In general, you're probably going to want a sit on top kayak, something right about 12 feet long, and one that isn't designed specifically for ALL flat water or ALL flowing water.

Native Slayer 12 would fit your bill: http://www.nativewatercraft.com/m.boat.cfm?id=48

Or check out a Jackson Cuda 12:
http://jacksonkayak.com/jk-kayaks/kayak-fishing/cuda-12/

Lots of opportunities to go to kayak shows, demo days, etc...coming up in the next couple months. If you can find somewhere not too far from home, and get a chance to paddle before you buy, that'd be the best scenario.


----------



## imalt (Apr 17, 2008)

I have a kayak and a pontoon. But I prefer the inflatable pontoon for sight fishing and rivers for that matter. I am adding a trolling motor to mine this year for some lake action. You can also pick a used one up cheaper than the fancier kayaks. If you plan on taking long trips with a lot of paddeling involved though kayak is the way to go.


----------



## tg2n1 (Oct 29, 2012)

Thank you everybody. My plan is to work the shore line of the lakes above for carp. But also to coast along the LMR and GMR for smallies and other takers. I was thinking about a Liquid Logic Versa board. Seems like best of both worlds of SOT and SUP.


----------



## TheCream (Mar 19, 2009)

I sight fish carp all the time in my SOT. I do it from the seated position without too many issues. The main problem for me is water chop, and no matter what boat you have that will be an issue for you trying to see fish when the wind is blowing. If you have not done this, you will be shocked at how close you can get to carp in a kayak. I bet the average distance I am from a fish I hook is maybe 15-20'. I have shot video from several trips, let me know if you want to see it. I can send you links.


----------



## Bubbagon (Mar 8, 2010)

tg2n1 said:


> Thank you everybody. My plan is to work the shore line of the lakes above for carp. But also to coast along the LMR and GMR for smallies and other takers. I was thinking about a Liquid Logic Versa board. Seems like best of both worlds of SOT and SUP.

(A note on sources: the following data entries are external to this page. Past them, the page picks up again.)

-- ===== src/DockerCleanup/Uncancelled.antt =====
-- `cleanup_images` of docker_cleanup.py where nobody sets the event.
use public_endorsement_servi.Base.{
  ℕ, zero, suc, ◌≡◌, refl, sym, ◌∙◌, inl, inr, Bool, true, false, Option, none, some, List, [], ◌∷◌,
  ◌++◌, arith, Text, length, flatten, ok,
}
use public_endorsement_servi.Base.Integers.{pos}
use public_endorsement_servi.DockerCleanup.Batches.{
  Event, ask, wait_for, Removal, remove_image, end_of_wait, unless_set, unless_ended, after_batch,
  cleanup_images_batch, cleanup_batches, batches_of, batches, cleanup_images,
}
use public_endorsement_servi.DockerCleanup.Cleaned.{
  handled, handled-append, IsStopped, batch-IsStopped, flatten-batches_of,
}

wait_for-never : (polls : ℕ) → wait_for polls none ≡ (false, none)
unfolding wait_for ask
wait_for-never zero = refl
wait_for-never (suc polls) = wait_for-never polls

remove_image-never :
    (tag : Text) (run : Option ℕ)
    → ((remove_image tag run none).0.0 ≡ false) × ((remove_image tag run none).1 ≡ none)
unfolding remove_image end_of_wait
remove_image-never tag none = (refl, refl)
remove_image-never tag (some polls) = rw (wait_for-never polls) (refl, refl)

unless_ended-never :
    (r : (Bool × Removal) × Event) (go : Event → List Removal × Event)
    → r.0.0 ≡ false
    → r.1 ≡ none
    → (go none).1 ≡ none
    → (unless_ended r go).1 ≡ none
unfolding unless_ended
unless_ended-never ((true, removal), after) go f e h = cc
unless_ended-never ((false, removal), after) go f e h = rw (e) h

batch-never :
    (rmi : Text → Option ℕ) (tags : List Text) → (cleanup_images_batch rmi tags none).1 ≡ none
unfolding cleanup_images_batch ask unless_set
batch-never rmi [] = refl
batch-never rmi (tag ∷ tags) =
    let (f, e) = remove_image-never tag (rmi tag) in
    unless_ended-never (remove_image tag (rmi tag) none)
      (λ after. cleanup_images_batch rmi tags after) f e (batch-never rmi tags)

after_batch-never :
    (r : List Removal × Event) (go : Event → List Removal × Event) (batch tags : List Text)
    → IsStopped batch r
    → r.1 ≡ none
    → handled (go none).0 ≡ tags
    → handled (after_batch r go).0 ≡ batch ++ tags
unfolding after_batch IsStopped unless_set ask
after_batch-never (rs, after) go batch tags (inl e) never h =
    rw (never, handled-append rs (go none).0, e, h) refl
after_batch-never (rs, after) go batch tags (inr (left, e, stop)) never h =
    let bad : none ≡ some zero = sym never ∙ stop in cc

cleanup_batches-never :
    (rmi : Text → Option ℕ) (groups : List (List Text))
    → handled (cleanup_batches rmi groups none).0 ≡ flatten groups
unfolding cleanup_batches handled
cleanup_batches-never rmi [] = refl
cleanup_batches-never rmi (batch ∷ groups) =
    after_batch-never (cleanup_images_batch rmi batch none)
      (λ later. cleanup_batches rmi groups later) batch (flatten groups)
      (batch-IsStopped rmi batch none) (batch-never rmi batch) (cleanup_batches-never rmi groups)

-- With an event that nobody sets, all the candidates are handled, in order.
pub cleanup_images-uncancelled :
    (rmi : Text → Option ℕ) (images : List Text) (n : ℕ)
    → (removals : List Removal) × (cleanup_images rmi none (ok images) (pos (suc n)) ≡ ok removals)
      × (handled removals ≡ images)
unfolding cleanup_images ask batches
cleanup_images-uncancelled rmi images n =
    let groups = batches_of (length images) n images in
    (
      (cleanup_batches rmi groups none).0,
      refl,
      cleanup_batches-never rmi groups ∙ flatten-batches_of (length images) n images (omega arith),
    )
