-- ===== src/DockerRun.antt =====
-- docker_run.py
pub mod Shell
pub mod Settings
pub mod Mounts
pub mod Arguments
pub mod Main
pub mod Volumes
pub mod Joined
pub mod ReadBack
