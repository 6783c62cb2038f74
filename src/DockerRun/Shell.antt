-- ===== src/DockerRun/Shell.antt =====
-- What docker_run.py takes from the shell's conventions: `os.path.expandvars` and `shlex.split`.
use public_endorsement_servi.Base.{
  ℕ, zero, suc, Bool, true, false, ◌&&◌, ◌||◌, Option, none, some, List, [], ◌∷◌, ◌++◌, ◌==◌, leb,
  if◌then◌else◌, length, Text, chars, Dict, lookup, cut, Outcome, ok, raised, value_error, ◌>>=◌,
}

-- \w, in ASCII
abbrev pub is_word_char : ℕ → Bool
is_word_char c =
    (leb b'a' c && leb c b'z')
    || (leb b'A' c && leb c b'Z')
    || (leb b'0' c && leb c b'9')
    || (c == b'_')

-- The longest \w* in front.
unfoldable pub word_in_front : Text → Text
word_in_front [] = []
word_in_front (c ∷ s) = let rest = word_in_front s in if is_word_char c then c ∷ rest else []

-- \{[^}]*\} behind the brace: the name, if there is a closing brace.
unfoldable pub braced_name : Text × Option Text → Option (Text × ℕ)
braced_name (name, none) = none
braced_name (name, some rest) = some (name, suc (suc (length name)))

unfoldable pub plain_name : Text → Option (Text × ℕ)
plain_name [] = none
plain_name (c ∷ name) = some (c ∷ name, suc (length name))

-- (\w+|\{[^}]*\}) in front: the variable's name, and how many characters it takes.
unfoldable pub variable_in_front : Text → Option (Text × ℕ)
unfolding word_in_front braced_name plain_name cut
variable_in_front [] = none
variable_in_front (c ∷ s) =
    if c == b'{' then braced_name (cut b'}' s) else plain_name (word_in_front (c ∷ s))

-- What a "$" becomes, and how many characters behind it are dropped and how many are kept as they
-- are: a variable that is not set stays.
unfoldable pub dollar : Dict Text → Option (Text × ℕ) → Text × (ℕ × ℕ)
unfolding lookup
dollar environ none = (b'$' ∷ [], (0, 0))
dollar environ (some (name, taken)) = elim (lookup name environ) [
  | none ↦ (b'$' ∷ [], (0, taken))
  | some value ↦ (value, (taken, 0))
]

-- os.path.expandvars; a value is not expanded again. The counters are those of `dollar`.
unfoldable pub expand_from : Dict Text → ℕ → ℕ → Text → Text
unfolding dollar variable_in_front
expand_from environ dropped kept [] = []
expand_from environ (suc dropped) kept (c ∷ s) = expand_from environ dropped kept s
expand_from environ zero (suc kept) (c ∷ s) = c ∷ expand_from environ zero kept s
expand_from environ zero zero (c ∷ s) =
    let (text, (dropped, kept)) = dollar environ (variable_in_front s) in
    elim (c == b'$') [
      | true ↦ text ++ expand_from environ dropped kept s
      | false ↦ c ∷ expand_from environ zero zero s
    ]

unfoldable pub expandvars : Dict Text → Text → Text
unfolding expand_from
expandvars environ s = expand_from environ zero zero s

-- Where `shlex` stands: between words, in a word, in a quotation, or behind a backslash, which
-- stands in a word or in double quotes.
pub data LexState : Type 0 where
  between in_word in_single in_double escaped escaped_double : LexState

-- shlex.whitespace
abbrev pub is_shell_space : ℕ → Bool
is_shell_space c = (c == 32) || (c == 9) || (c == 13) || (c == 10)

-- The end of a word: it counts if it is not empty or had a quotation.
unfoldable pub emit : Text → Bool → Outcome (List Text) → Outcome (List Text)
emit [] false rest = rest
emit token quoted rest = rest >>= λ words. ok (token ∷ words)

-- What a character does outside of quotations: the state and the word after it.
unfoldable pub plain_step : ℕ → Text → LexState × Text
plain_step c token =
    if c == b'\\'
    then (escaped, token)
    else if c == b'\''
    then (in_single, token)
    else if c == b'"'
    then (in_double, token)
    else (in_word, token ++ (c ∷ []))

-- In double quotes.
unfoldable pub double_step : ℕ → Text → LexState × Text
double_step c token =
    if c == b'"'
    then (in_word, token)
    else if c == b'\\'
    then (escaped_double, token)
    else (in_double, token ++ (c ∷ []))

unfoldable pub single_step : ℕ → Text → LexState × Text
single_step c token = if c == b'\'' then (in_word, token) else (in_single, token ++ (c ∷ []))

-- Behind a backslash in double quotes: it stays, unless it stands before '"' or another one.
unfoldable pub escaped_double_step : ℕ → Text → LexState × Text
escaped_double_step c token = (
  in_double,
  if (c == b'\\') || (c == b'"') then token ++ (c ∷ []) else token ++ (b'\\' ∷ c ∷ []),
)

-- One character: the state, the word, and whether it had a quotation; spaces are taken before.
unfoldable pub lex_step : LexState → ℕ → Text → Bool → LexState × Text × Bool
unfolding plain_step double_step single_step escaped_double_step
lex_step between c token quoted = let (s, t) = plain_step c token in (s, t, quoted)
lex_step in_word c token quoted = let (s, t) = plain_step c token in (s, t, quoted)
lex_step in_single c token quoted = let (s, t) = single_step c token in (s, t, true)
lex_step in_double c token quoted = let (s, t) = double_step c token in (s, t, true)
lex_step escaped c token quoted = (in_word, token ++ (c ∷ []), quoted)
lex_step escaped_double c token quoted = let (s, t) = escaped_double_step c token in (s, t, quoted)

-- Whether a character ends the word.
unfoldable pub ends_word : LexState → ℕ → Bool
ends_word between c = is_shell_space c
ends_word in_word c = is_shell_space c
ends_word _ c = false

-- The end of the text.
unfoldable pub lex_end : LexState → Text → Bool → Outcome (List Text)
unfolding emit
lex_end between token quoted = emit token quoted (ok [])
lex_end in_word token quoted = emit token quoted (ok [])
lex_end in_single token quoted = raised (value_error (chars "No closing quotation"))
lex_end in_double token quoted = raised (value_error (chars "No closing quotation"))
lex_end escaped token quoted = raised (value_error (chars "No escaped character"))
lex_end escaped_double token quoted = raised (value_error (chars "No escaped character"))

unfoldable pub lex : LexState → Text → Bool → Text → Outcome (List Text)
unfolding emit lex_step ends_word lex_end
lex state token quoted [] = lex_end state token quoted
lex state token quoted (c ∷ s) =
    let (next, grown, had) = lex_step state c token quoted in
    elim (ends_word state c) [
      | true ↦ emit token quoted (lex between [] false s)
      | false ↦ lex next grown had s
    ]

-- shlex.split(s)
unfoldable pub shlex_split : Text → Outcome (List Text)
unfolding lex
shlex_split s = lex between [] false s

SUP might be really cool. Kind of the perfect platform for a flyfisherman. The only downside I see to them would be paddling any flat water distances or pools with no current.


----------



## tg2n1 (Oct 29, 2012)

TheCream said:


> I sight fish carp all the time in my SOT. I do it from the seated position without too many issues. The main problem for me is water chop, and no matter what boat you have that will be an issue for you trying to see fish when the wind is blowing. If you have not done this, you will be shocked at how close you can get to carp in a kayak. I bet the average distance I am from a fish I hook is maybe 15-20'. I have shot video from several trips, let me know if you want to see it. I can send you links.


Yeah i would like to see those videos. Please post the links.


----------



## streamstalker (Jul 8, 2005)

This thing looks so freaking cool...great name too, Diablo Chupacabra; they also have a longer version called the Adios:


----------



## StuckAtHome (Apr 29, 2004)

The Jackson superfishal looks cool as heck. Watched a few video's this morning, plan on testing one at great Miami outfitters this spring. Would love to bring crossbow with me during the summer to bow fish carp in the slow sections. Many uses but need to try it out first.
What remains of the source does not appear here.